Each record of the CSV is checked with all the Matcher. When a record matches (i.e., all keyFields are identical), the record is updated with the matched data.
3 policies of update exist:
MULTIPLE
One record can be updated by multiple Matcher.
SINGLEORNONE One record can be updated by 0 or 1 Matcher
SINGLE One record must be updated by 1 and only 1 Matcher
Note: Update is optional, so this function can only run a transformer or a mapper.
Inputs:
Name | Description | Class | Default | Level |
---|---|---|---|---|
operations | List of operation | java.lang.Map | OPTIONAL |
BPMN Errors:
Name | Explanation |
---|---|
BAD_MATCHER_DEFINITION | A matcher must define the keys used for the correlation |
ONE_RECORD_DOES_NOT_MATCH_UNIQUEEACH | The update policy specify each item must match one and only one record |
ONE_RECORD_DOES_NOT_MATCH_UNIQUE | The update policy specify each item must match one, or no record |
In this CSV
firstName;lastName;email;address;city;zipcode;country
Harper;Wilson;[email protected];663 Random St;Boston;68792;USA
Ethan;Jackson;[email protected];162 Random St;San Francisco;34490;USA
01;Monnet;[email protected];162 Random St;San Francisco;34490;USA
Scarlett;Clark;[email protected];988 Random St;Boston;72830;USA
The CSV must be completed by adding a state name and state abbreviation. The keyFields is
["city"]
The result is
[{
"city": "Boston",
"state": "Massachusetts",
"stateAbbreviation": "MA"
},
{
"city": "Austin",
"state": "Texas",
"stateAbbreviation": "TX"
},
{
"city": "Los Angeles",
"state": "California",
"stateAbbreviation": "CA"
},
{
"city": "San Francisco",
"state": "California",
"stateAbbreviation": "CA"
}
]
The first record, data["city"] == "Boston"

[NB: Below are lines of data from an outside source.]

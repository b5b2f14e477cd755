-- ===== src/Domain/Repository.antt =====
-- `Visibility` and `RepositoryKind` of crates/core/src/domain/repository.rs.
use publaryn.Prelude.{String}

pub data Visibility : Type 0 where
  public private internal_org unlisted quarantined : Visibility

pub data RepositoryKind : Type 0 where
  public private staging release proxy virtual : RepositoryKind

-- `visibility::text`, and `visibility_as_str` of crates/api/src/routes/packages.rs.
unfoldable pub visibility_as_str : Visibility → String
visibility_as_str Visibility.public = "public"
visibility_as_str Visibility.private = "private"
visibility_as_str Visibility.internal_org = "internal_org"
visibility_as_str Visibility.unlisted = "unlisted"
visibility_as_str Visibility.quarantined = "quarantined"
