-- ===== src/Domain/Release.antt =====
-- `ReleaseStatus` of crates/core/src/domain/release.rs.
pub data ReleaseStatus : Type 0 where
  quarantine scanning published deprecated yanked deleted : ReleaseStatus

pub ReleaseStatus-discrete : Discrete ReleaseStatus
ReleaseStatus-discrete = hlevel
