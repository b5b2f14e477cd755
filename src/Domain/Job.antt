-- ===== src/Domain/Job.antt =====
-- `JobKind`, `JobStatus` and `Job` of crates/workers/src/queue.rs, and `ScanArtifactPayload` of
-- crates/workers/src/scanners.rs. The JSON payload of a job is the value that it decodes to.
use publaryn.Prelude.{ℕ, String, Bool, true, false, Option}

pub data JobKind : Type 0 where
  scan_artifact index_package deliver_webhook cleanup_expired_tokens cleanup_oci_blobs
        reindex_search :
      JobKind

pub data JobStatus : Type 0 where
  pending running completed failed dead : JobStatus

pub record ScanArtifactPayload : Type 0 where
  pub release_id : ℕ
  pub artifact_id : ℕ
  pub storage_key : String
  pub filename : String
  pub ecosystem : String

-- A payload that decodes as neither of the first two is `other`.
pub data Payload : Type 0 where
  scan : ScanArtifactPayload → Payload
  reindex : (package_id : ℕ) → Payload
  other : String → Payload

pub record Job : Type 0 where
  pub id : ℕ
  pub kind : JobKind
  pub payload : Payload
  pub status : JobStatus
  pub attempts : ℕ
  pub max_attempts : ℕ
  pub last_error : Option String
  pub scheduled_at : ℕ
  pub locked_until : Option ℕ
  pub locked_by : Option String
  pub started_at : Option ℕ
  pub completed_at : Option ℕ
  pub created_at : ℕ

abbrev pub is_pending : JobStatus → Bool
is_pending JobStatus.pending = true
is_pending _ = false

abbrev pub is_running : JobStatus → Bool
is_running JobStatus.running = true
is_running _ = false

-- `status IN ('completed', 'dead')`.
abbrev pub is_finished : JobStatus → Bool
is_finished JobStatus.completed = true
is_finished JobStatus.dead = true
is_finished _ = false

abbrev pub is_scan : JobKind → Bool
is_scan JobKind.scan_artifact = true
is_scan _ = false

abbrev pub is_completed : JobStatus → Bool
is_completed JobStatus.completed = true
is_completed _ = false

abbrev pub is_failed : JobStatus → Bool
is_failed JobStatus.failed = true
is_failed _ = false

abbrev pub is_dead : JobStatus → Bool
is_dead JobStatus.dead = true
is_dead _ = false
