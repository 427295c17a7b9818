-- ===== src/Cfg.antt =====
-- The check of the control-flow graph (`ir_func_validate_cfg`, `ir_module_validate_cfg` of
-- src/middleend/ir_analysis.c).
pub mod Valid
pub mod Edges
pub mod Leads
use baa.Base.{ℕ, Bool, true, false, ◌&&◌, Option, none, some, List, [], ◌∷◌, if◌then◌else◌}
use baa.Ir.Inst.{IrOp, IrValueData, IrValue, IrInst, IrBlock, IrFunc, IrModule}

unfoldable pub ir_is_terminator_op : IrOp → Bool
ir_is_terminator_op IrOp.br = true
ir_is_terminator_op IrOp.br_cond = true
ir_is_terminator_op IrOp.ret = true
ir_is_terminator_op _ = false

-- The block that a value names, by its id.
abbrev pub ir_block_from_block_value : IrValueData → Option ℕ
ir_block_from_block_value (IrValueData.block n) = some n
ir_block_from_block_value _ = none

abbrev pub names_block : IrValue → Bool
names_block v = elim (ir_block_from_block_value v.payload) [ none ↦ false | some n ↦ true ]

abbrev pub last_inst : List IrInst → Option IrInst
last_inst [] = none
last_inst (i ∷ []) = some i
last_inst (i ∷ j ∷ rest) = last_inst (j ∷ rest)

abbrev pub br_operands : List IrValue → Bool
br_operands [] = false
br_operands (v ∷ rest) = names_block v

abbrev pub br_cond_operands : List IrValue → Bool
br_cond_operands (c ∷ a ∷ b ∷ rest) = names_block a && names_block b
br_cond_operands _ = false

abbrev pub ret_operands : List IrValue → Bool
ret_operands [] = true
ret_operands (v ∷ []) = true
ret_operands _ = false

-- The operands of a terminator.
unfoldable pub terminator_operands : IrOp → List IrValue → Bool
terminator_operands IrOp.br vs = br_operands vs
terminator_operands IrOp.br_cond vs = br_cond_operands vs
terminator_operands IrOp.ret vs = ret_operands vs
terminator_operands _ vs = false

abbrev pub ends_block : Option IrInst → Bool
unfolding ir_is_terminator_op terminator_operands
ends_block none = false
ends_block (some i) =
    if ir_is_terminator_op i.op then terminator_operands i.op i.operands else false

unfoldable pub validate_blocks : List IrBlock → Bool
unfolding ends_block
validate_blocks [] = true
validate_blocks (b ∷ bs) =
    let rest = validate_blocks bs in if ends_block (last_inst b.insts) then rest else false

abbrev pub validate_body : Option ℕ → List IrBlock → Bool
unfolding validate_blocks
validate_body none bs = false
validate_body (some _) bs = validate_blocks bs

unfoldable pub ir_func_validate_cfg : IrFunc → Bool
unfolding validate_body
ir_func_validate_cfg f = if f.is_prototype then true else validate_body f.entry f.blocks

unfoldable pub validate_funcs : List IrFunc → Bool
validate_funcs [] = true
validate_funcs (f ∷ fs) =
    let rest = validate_funcs fs in if ir_func_validate_cfg f then rest else false

unfoldable pub ir_module_validate_cfg : IrModule → Bool
unfolding validate_funcs
ir_module_validate_cfg m = validate_funcs m.funcs
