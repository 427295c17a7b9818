-- ===== src/Ir/Mutate.antt =====
-- Edits of a block (src/middleend/ir_mutate.c, `ir_block_append` and `ir_block_add_succ` of
-- src/middleend/ir_containers.c) and their effect on the function around it.
use baa.Base.{
  ℕ, ◌+◌, Bool, true, false, Option, none, some, List, [], ◌∷◌, ◌++◌, if◌then◌else◌, ◌==◌, ltb,
  length,
}
use baa.Ir.Inst.{IrOp, IrInst, IrBlock, IrFunc}
use baa.Ir.Build.{ir_func_invalidate_defuse, is_phi}

-- Does the optional id name this number?
abbrev pub is_id : Option ℕ → ℕ → Bool
is_id none n = false
is_id (some m) n = m == n

-- The block with this id is edited, the others stay.
unfoldable pub edit_block : ℕ → (IrBlock → IrBlock) → List IrBlock → List IrBlock
edit_block id change [] = []
edit_block id change (b ∷ bs) = if b.id == id then change b ∷ bs else b ∷ edit_block id change bs

-- A first insertion gives the instruction its id in the function.
unfoldable pub number_inst : IrFunc → IrInst → IrFunc × IrInst
number_inst f inst = elim inst.id [
  | none ↦
      (record f { next_inst_id = f.next_inst_id + 1 }, record inst { id = some f.next_inst_id })
  | some n ↦ (f, inst)
]

unfoldable pub ir_block_append : ℕ → IrInst → IrFunc → IrFunc
unfolding ir_func_invalidate_defuse number_inst edit_block
ir_block_append block inst f =
    let (f', inst') = number_inst (ir_func_invalidate_defuse f) inst in
    record f' {
      blocks = edit_block block (λ b. record b { insts = b.insts ++ inst' ∷ [] }) f'.blocks;
    }

-- The list with `inst` before the instruction `before`.
unfoldable pub insert_before : ℕ → IrInst → List IrInst → List IrInst
insert_before before inst [] = []
insert_before before inst (i ∷ rest) =
    if is_id i.id before then inst ∷ i ∷ rest else i ∷ insert_before before inst rest

-- With no `before` the instruction goes to the end of the block.
unfoldable pub ir_block_insert_before : ℕ → Option ℕ → IrInst → IrFunc → IrFunc
unfolding ir_func_invalidate_defuse number_inst edit_block insert_before ir_block_append
ir_block_insert_before block before inst f =
    let (f', inst') = number_inst (ir_func_invalidate_defuse f) inst in
    elim before [
      | none ↦ ir_block_append block inst' f'
      | some n ↦ record f' {
        blocks =
            edit_block block (λ b. record b { insts = insert_before n inst' b.insts }) f'.blocks;
      }
    ]

-- Unlink the instruction with this id.
unfoldable pub unlink : ℕ → List IrInst → List IrInst
unlink id [] = []
unlink id (i ∷ rest) = if is_id i.id id then rest else i ∷ unlink id rest

unfoldable pub ir_block_remove_inst : ℕ → ℕ → IrFunc → IrFunc
unfolding ir_func_invalidate_defuse edit_block unlink
ir_block_remove_inst block id f =
    let f' = ir_func_invalidate_defuse f in
    record f' { blocks = edit_block block (λ b. record b { insts = unlink id b.insts }) f'.blocks }

-- The first instruction that is no phi, where a new phi goes in front.
unfoldable pub first_non_phi : List IrInst → Option ℕ
first_non_phi [] = none
first_non_phi (i ∷ rest) = if is_phi i.op then first_non_phi rest else i.id

-- The instructions of the block with this id.
unfoldable pub insts_of : ℕ → List IrBlock → List IrInst
insts_of block [] = []
insts_of block (b ∷ rest) = if b.id == block then b.insts else insts_of block rest

unfoldable pub ir_block_insert_phi : ℕ → IrInst → IrFunc → IrFunc
unfolding ir_block_insert_before first_non_phi insts_of
ir_block_insert_phi block phi f =
    ir_block_insert_before block (first_non_phi (insts_of block f.blocks)) phi f

-- Is there a block with this id, and a successor slot left in it?
unfoldable pub has_room : ℕ → List IrBlock → Bool
has_room block [] = false
has_room block (b ∷ rest) = if b.id == block then ltb (length b.succs) 2 else has_room block rest

-- At most two successors; the successor learns of its predecessor.
unfoldable pub ir_block_add_succ : ℕ → ℕ → List IrBlock → List IrBlock
unfolding edit_block has_room
ir_block_add_succ block succ bs =
    if has_room block bs
    then edit_block succ (λ b. record b { preds = b.preds ++ block ∷ [] })
        (edit_block block (λ b. record b { succs = b.succs ++ succ ∷ [] }) bs)
    else bs

abbrev pub is_terminator : IrOp → Bool
is_terminator IrOp.br = true
is_terminator IrOp.br_cond = true
is_terminator IrOp.ret = true
is_terminator _ = false

abbrev pub last? : List IrInst → Option IrInst
last? [] = none
last? (i ∷ []) = some i
last? (i ∷ j ∷ rest) = last? (j ∷ rest)

unfoldable pub ir_block_is_terminated : IrBlock → Bool
ir_block_is_terminated b = elim (last? b.insts) [ none ↦ false | some i ↦ is_terminator i.op ]
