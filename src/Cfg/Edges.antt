-- ===== src/Cfg/Edges.antt =====
-- The edges of the control-flow graph (`ir_func_rebuild_preds` of src/middleend/ir_analysis.c).
use baa.Base.{ℕ, Option, none, some, List, [], ◌∷◌, ◌++◌, foldl, if◌then◌else◌}
use baa.Ir.Inst.{IrOp, IrValue, IrInst, IrBlock, IrFunc}
use baa.Ir.Mutate.{edit_block, ir_block_add_succ}
use baa.Cfg.{ir_block_from_block_value, last_inst}

abbrev pub clear_edges : IrBlock → IrBlock
clear_edges b = record b { succs = []; preds = []; idom = none; dom_frontier = [] }

abbrev pub clear_all : List IrBlock → List IrBlock
clear_all [] = []
clear_all (b ∷ bs) = clear_edges b ∷ clear_all bs

abbrev pub target_list : Option ℕ → List ℕ
target_list none = []
target_list (some t) = t ∷ []

-- The blocks that a value names; an operand beyond the list is null.
abbrev pub br_targets : List IrValue → List ℕ
br_targets [] = []
br_targets (v ∷ vs) = target_list (ir_block_from_block_value v.payload)

abbrev pub br_cond_targets : List IrValue → List ℕ
br_cond_targets (c ∷ a ∷ b ∷ rest) =
    target_list (ir_block_from_block_value a.payload)
    ++ target_list (ir_block_from_block_value b.payload)
br_cond_targets (c ∷ a ∷ []) = target_list (ir_block_from_block_value a.payload)
br_cond_targets _ = []

abbrev pub op_targets : IrOp → List IrValue → List ℕ
op_targets IrOp.br vs = br_targets vs
op_targets IrOp.br_cond vs = br_cond_targets vs
op_targets _ vs = []

-- The successors that the last instruction of a block names.
unfoldable pub targets : Option IrInst → List ℕ
targets none = []
targets (some i) = op_targets i.op i.operands

-- The walk over the blocks, which adds to the edges of the function's blocks.
unfoldable pub rebuild_edges : List IrBlock → List IrBlock → List IrBlock
unfolding targets
rebuild_edges [] all = all
rebuild_edges (b ∷ bs) all =
    rebuild_edges bs
      (foldl (λ bs' t. ir_block_add_succ b.id t bs') all (targets (last_inst b.insts)))

abbrev pub mark_entry : Option ℕ → List IrBlock → List IrBlock
mark_entry none bs = bs
mark_entry (some e) bs = edit_block e (λ b. record b { idom = some e }) bs

unfoldable pub ir_func_rebuild_preds : IrFunc → IrFunc
unfolding rebuild_edges
ir_func_rebuild_preds f =
    if f.is_prototype
    then f
    else record f { blocks = mark_entry f.entry (rebuild_edges f.blocks (clear_all f.blocks)) }

abbrev pub rebuild_funcs : List IrFunc → List IrFunc
rebuild_funcs [] = []
rebuild_funcs (f ∷ fs) = ir_func_rebuild_preds f ∷ rebuild_funcs fs
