-- ===== src/Cfg/Leads.antt =====
-- Where the terminators of src/middleend/ir_analysis.c lead, apart from the walk that collects it.
use baa.Base.{
  ℕ, ◌≡◌, refl, sym, ◌∙◌, ap, ◌⊎◌, inl, inr, true, false, ◌||◌, some, List, [], ◌∷◌, ◌++◌, ◌==◌,
  ==_iff, Bool-cases,
}
use baa.Ir.Inst.{IrOp, IrValueData, IrValue, IrInst, IrBlock}
use baa.RegAlloc.Convention.{one_of}
use baa.Liveness.Flow.{either_true, or_left, or_right}
use baa.Cfg.{ir_block_from_block_value, last_inst}
use baa.Cfg.Edges.{target_list, op_targets, targets}

-- The operands send control to the block s: the first of a jump, and the second or third of a branch.
pub data SendsTo (s : ℕ) : IrOp → List IrValue → Type 0 where
  jump :
      (v : IrValue) (rest : List IrValue)
      → v.payload ≡ IrValueData.block s
      → SendsTo s IrOp.br (v ∷ rest)
  if_true :
      (c v : IrValue) (rest : List IrValue)
      → v.payload ≡ IrValueData.block s
      → SendsTo s IrOp.br_cond (c ∷ v ∷ rest)
  if_false :
      (c t v : IrValue) (rest : List IrValue)
      → v.payload ≡ IrValueData.block s
      → SendsTo s IrOp.br_cond (c ∷ t ∷ v ∷ rest)

-- The last of the instructions sends control to the block s.
abbrev pub EndsWith : ℕ → List IrInst → Type 0
EndsWith s is =
    (before : List IrInst) × (i : IrInst) × (is ≡ before ++ i ∷ []) × SendsTo s i.op i.operands

-- The block b ends with a jump or branch to the block s.
abbrev pub Leads : List IrBlock → ℕ → ℕ → Type 0
Leads [] b s = ⊥
Leads (c ∷ cs) b s = ((c.id ≡ b) × EndsWith s c.insts) ⊎ Leads cs b s

target_here :
    (s : ℕ) (v : IrValue)
    → v.payload ≡ IrValueData.block s
    → one_of s (target_list (ir_block_from_block_value v.payload)) ≡ true
target_here s v e = rw e (or_left (s == s) false ((==_iff s s).1 refl))

target_back :
    (s : ℕ) (d : IrValueData)
    → one_of s (target_list (ir_block_from_block_value d)) ≡ true
    → d ≡ IrValueData.block s
target_back s (IrValueData.block n) h = elim (either_true (n == s) false h) [
  | inl e ↦ ap IrValueData.block ((==_iff n s).0 e)
  | inr e ↦ cc
]
target_back s _ h = cc

one_of_split : (s : ℕ) (xs ys : List ℕ) → one_of s (xs ++ ys) ≡ (one_of s xs || one_of s ys)
one_of_split s [] ys = refl
one_of_split s (x ∷ xs) ys = elim (Bool-cases (x == s)) [
  | inl here ↦ rw here refl
  | inr other ↦ rw other (one_of_split s xs ys)
]

SendsTo-targets :
    (s : ℕ) (op : IrOp) (vs : List IrValue) → SendsTo s op vs → one_of s (op_targets op vs) ≡ true
SendsTo-targets s _ _ (SendsTo.jump v rest e) = target_here s v e
SendsTo-targets s _ _ (SendsTo.if_true c v [] e) = target_here s v e
SendsTo-targets s _ _ (SendsTo.if_true c v (w ∷ rest) e) =
    one_of_split s (target_list (ir_block_from_block_value v.payload)) _
    ∙ or_left (one_of s (target_list (ir_block_from_block_value v.payload))) _ (target_here s v e)
SendsTo-targets s _ _ (SendsTo.if_false c t v rest e) =
    one_of_split s (target_list (ir_block_from_block_value t.payload)) _
    ∙ or_right (one_of s (target_list (ir_block_from_block_value t.payload))) _ (target_here s v e)

targets-SendsTo :
    (s : ℕ) (op : IrOp) (vs : List IrValue) → one_of s (op_targets op vs) ≡ true → SendsTo s op vs
targets-SendsTo s IrOp.br [] h = cc
targets-SendsTo s IrOp.br (v ∷ vs) h = SendsTo.jump v vs (target_back s v.payload h)
targets-SendsTo s IrOp.br_cond [] h = cc
targets-SendsTo s IrOp.br_cond (c ∷ []) h = cc
targets-SendsTo s IrOp.br_cond (c ∷ v ∷ []) h = SendsTo.if_true c v [] (target_back s v.payload h)
targets-SendsTo s IrOp.br_cond (c ∷ t ∷ v ∷ rest) h =
    let first = target_list (ir_block_from_block_value t.payload) in
    let second = target_list (ir_block_from_block_value v.payload) in
    elim (either_true (one_of s first) (one_of s second) (sym (one_of_split s first second) ∙ h)) [
      | inl e ↦ SendsTo.if_true c t (v ∷ rest) (target_back s t.payload e)
      | inr e ↦ SendsTo.if_false c t v rest (target_back s v.payload e)
    ]
targets-SendsTo s _ vs h = cc

last_inst-append : (before : List IrInst) (i : IrInst) → last_inst (before ++ i ∷ []) ≡ some i
last_inst-append [] i = refl
last_inst-append (j ∷ []) i = refl
last_inst-append (j ∷ k ∷ rest) i = last_inst-append (k ∷ rest) i

pub EndsWith-targets :
    (s : ℕ) (is : List IrInst) → EndsWith s is → one_of s (targets (last_inst is)) ≡ true
unfolding targets
EndsWith-targets s is (before, i, e, sends) =
    rw (e, last_inst-append before i) (SendsTo-targets s i.op i.operands sends)

pub targets-EndsWith :
    (s : ℕ) (is : List IrInst) → one_of s (targets (last_inst is)) ≡ true → EndsWith s is
unfolding targets
targets-EndsWith s [] h = cc
targets-EndsWith s (i ∷ []) h = ([], i, refl, targets-SendsTo s i.op i.operands h)
targets-EndsWith s (i ∷ j ∷ rest) h =
    let (before, k, e, sends) = targets-EndsWith s (j ∷ rest) h in
    (i ∷ before, k, ap (◌∷◌ i) e, sends)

. The first match is identity: matcher["city"] == "Boston"
. The Matcher is applied.
The data become
Harper;Wilson;[email protected];663 Random St;Boston;68792;USA;Massachusetts;MA
For the second data, the Matcher is San Francisco
.
The policy update can be MULTIPLE
or SINGLEORNONE
, to not stop if the city is not on the list of Matcher.
In the same list, an actor's address must be updated. The list of matches contains
{
"firstName": "Harper",
"lastName": "Wilson",
"address": "1435 Washington Av",
"city": "Albany",
"zipcode": "94706",
"state": "California",
"stateAbbreviation": "CA"
}
and the keyField is
["firstName", "lastName"]
The correlation is based on the actor's name, and only one Matcher is supposed to work. But all the content will not be updated.
So the policy is SINGLEORNONE
mvn clean package
Two jars are produced. The jar with all dependencies can be uploaded in the Cherry Framework
The element template can be found in the element-templates directory.